Skip to content

14.2 Data and storage

OLTP — PostgreSQL

Postgres 15+ (RDS or Aurora PostgreSQL).
Multi-AZ for HA.
Logical replication for CDC to warehouse.
One logical schema per module (acquisition, application, kyc, ingestion, decisioning, lms, …).
Foreign keys + check constraints where they help; avoid where they hurt migration speed.
Indexes: deliberate; track via pg_stat_statements.
Connection pool: HikariCP (Spring Boot default).

Schema discipline

Modular: cross-schema queries discouraged; cross-module reads via service APIs.
Migration tool: Flyway. Migrations versioned in repo; reversible where safe; non-reversible (data) clearly flagged.
Naming convention: snake_case for tables / columns; consistent ID suffix (_id).

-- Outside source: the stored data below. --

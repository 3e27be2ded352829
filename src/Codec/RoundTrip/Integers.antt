-- ===== src/Codec/RoundTrip/Integers.antt =====
-- The integers that have a shorter encoding for small values.
use libamqp.Prelude.{ℕ, ◌%◌, ◌^◌, ◌<◌, ◌≡◌, arith}
use libamqp.Codec.State.{State}
use libamqp.Codec.Encode.Fixed.{encode_uint, encode_ulong, encode_int, encode_long}
use libamqp.Codec.RoundTrip.Writing.{HasRoom}
use libamqp.Codec.RoundTrip.FixedWidth.{ReadBack}
use libamqp.Codec.RoundTrip.Uint.{decode-encode_uint}
use libamqp.Codec.RoundTrip.Ulong.{decode-encode_ulong}
use libamqp.Codec.RoundTrip.Int.{decode-encode_int}
use libamqp.Codec.RoundTrip.Long.{decode-encode_long}

-- Each of these encoders and then `amqp_decode`, on a buffer with nothing left to read and room for nine
-- bytes, no container open, given the bits of a number of its width: neither fails, the new object is
-- valid and holds the number in that many low bits of its union, and all that was written has been read,
-- whichever encoding was chosen. The next address is not null, and the capacity fits a `size_t`.
pub decode-encode_integer :
    (v4 v8 : ℕ) (s : State)
    → v4 < 2 ^ 32
    → v8 < 2 ^ 64
    → s.container ≡ 0
    → 0 < s.next_type
    → HasRoom s 9
    → s.buffer.index ≡ s.buffer.size
    → ReadBack (encode_uint v4) s (λ w. w % 2 ^ 32 ≡ v4)
      × ReadBack (encode_int v4) s (λ w. w % 2 ^ 32 ≡ v4)
      × ReadBack (encode_ulong v8) s (λ w. w ≡ v8)
      × ReadBack (encode_long v8) s (λ w. w ≡ v8)
decode-encode_integer v4 v8 s h4 h8 c z r i = (
  decode-encode_uint v4 s h4 c z (omega (arith, r.0), r.1) i,
  decode-encode_int v4 s h4 c z (omega (arith, r.0), r.1) i,
  decode-encode_ulong v8 s h8 c z r i,
  decode-encode_long v8 s h8 c z r i,
)
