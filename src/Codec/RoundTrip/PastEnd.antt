-- ===== src/Codec/RoundTrip/PastEnd.antt =====
-- `amqp_decode` with the read point behind the write point.
use libamqp.Prelude.{ℕ, suc, ◌-◌, ◌<◌, ◌≡◌, true, none, some, arith, ◌∙◌, ap}
use libamqp.Buffer.{at_end, getc}
use libamqp.Codec.MetaData.Lookup.{type_meta_data_lookup}
use libamqp.Codec.MetaData.Search.{find_code, type_meta_data_lookup_lem}
use libamqp.Codec.MetaData.Table.{meta_data_extension_array_4}
use libamqp.Codec.State.{
  State, returned, aborted, stuck, unsupported, fault, ◌>>=◌, ◌>>◌, set_type, write_type,
}
use libamqp.Codec.State.Hoare.{branch_false, bind_returned}
use libamqp.Codec.Decode.Compound.{
  constructor_of, decode_type_constructor, next_format_code, set_constructor,
}
use libamqp.Codec.Decode.Run.{
  decode_with, run_decoder, checked, decode_type_into_result, amqp_decode,
}
use libamqp.Codec.RoundTrip.Reading.{allocated, with_code, coded}

next_code_past : (s : State) → s.buffer.size < s.buffer.index → next_format_code s ≡ returned 255 s
unfolding getc
next_code_past s h = ground arith

abbrev past : State → State
past s =
    let t = coded s.next_type 255 (allocated s) in
    write_type t s.next_type (constructor_of meta_data_extension_array_4 (t.types s.next_type))

constructor_past :
    (s : State)
    → s.buffer.size < s.buffer.index
    → decode_type_constructor s.next_type (allocated s) ≡ returned true (past s)
unfolding decode_type_constructor find_code
constructor_past s h =
    bind_returned next_format_code
      (λ c.
        set_type s.next_type (with_code c) >> set_constructor s.next_type (type_meta_data_lookup c))
      (allocated s) 255 (allocated s) (next_code_past (allocated s) h)
    ∙ ap (λ o. set_constructor s.next_type o (coded s.next_type 255 (allocated s)))
        (type_meta_data_lookup_lem 255)

known_past : (s : State) → ((past s).types s.next_type).meta_data ≡ some meta_data_extension_array_4
known_past s = ground arith

extension_aborts :
    (fuel : ℕ) (s : State)
    → decode_type_into_result (suc fuel) s.next_type (past s) ≡ aborted unsupported
unfolding decode_type_into_result run_decoder
extension_aborts fuel s =
    ap
      (λ o. elim o [
        | none ↦ aborted fault
        | some meta ↦
            (run_decoder (decode_type_into_result fuel) meta.type_decoder meta s.next_type
                >>= checked s.next_type)
              (past s)
      ])
      (known_past s)

-- With the read point behind the write point `amqp_decode` does not return null: the end is not seen,
-- the -1 that is read becomes the format code of an extension, and `not_implemented` ends the program.
pub amqp_decode-past_end :
    (s : State) → s.buffer.size < s.buffer.index → amqp_decode s ≡ aborted unsupported
unfolding amqp_decode decode_with at_end
amqp_decode-past_end s h =
    let fuel : ℕ = s.buffer.size - s.buffer.index in
    branch_false (at_end s.buffer) _ _ s (ground arith)
    ∙ bind_returned (decode_type_constructor s.next_type) _ (allocated s) true (past s)
        (constructor_past s h)
    ∙ ap
        (λ r. elim r [
          | returned b u ↦ returned s.next_type u
          | aborted why ↦ aborted why
          | stuck ↦ stuck
        ])
        (extension_aborts fuel s)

Event sourcing (for accounting)

loan_event table is append-only; current state derived.
Use outbox pattern for publishing to event bus.

Object storage — S3

Versioned buckets for documents.
Object Lock (Compliance mode) for evidence packages — 8 – 10 year retention.
Lifecycle rules: move to Glacier after 1 year for cold artefacts.
Server-side encryption with KMS-managed keys.

Cache — Redis

ElastiCache Redis Multi-AZ.
Used for:
- Decision-engine policy cache.
- Bureau report cache (TTL-based per policy).
- Rate limiting counters.
- Session / short-lived auth tokens.

Search — OpenSearch

Document and case search.
Audit-log indexing.
Free-text borrower / case search by ops users.
Operational log indexing if not using Loki.

Event bus

MVP: RabbitMQ (managed if available). Simpler, lower ops overhead.
Scale: Kafka / MSK for higher throughput, partitioning, ordering.
Schema registry: AWS Glue Schema Registry or Confluent.

Warehouse

MVP: PostgreSQL read replica + scheduled extracts; sufficient for < 10M rows / table.
Scale: Snowflake or ClickHouse — see 5.6 for trade-offs.

ETL

CDC with Debezium (PostgreSQL → Kafka → warehouse).
dbt for SQL transformations Bronze → Silver → Gold.
Airflow for any complex pipelines / one-off batches.

BI

Metabase at MVP (open source; easy).
Superset at scale.
Looker / Tableau if enterprise rigour justified.

Backup and recovery

Daily snapshots of all databases.
Point-in-time recovery for Postgres (5 – 7 day window).
Cross-region replication of backups to Indian DR region.
Tested restoration quarterly.

Data archival

Active operational data in OLTP.
Historical data (> 3 years) archived to S3 (compressed parquet).
Restoration path documented.

Reference data

Static reference tables (NIC codes, IFSC list, GST states) maintained in DB; refreshed on schedule.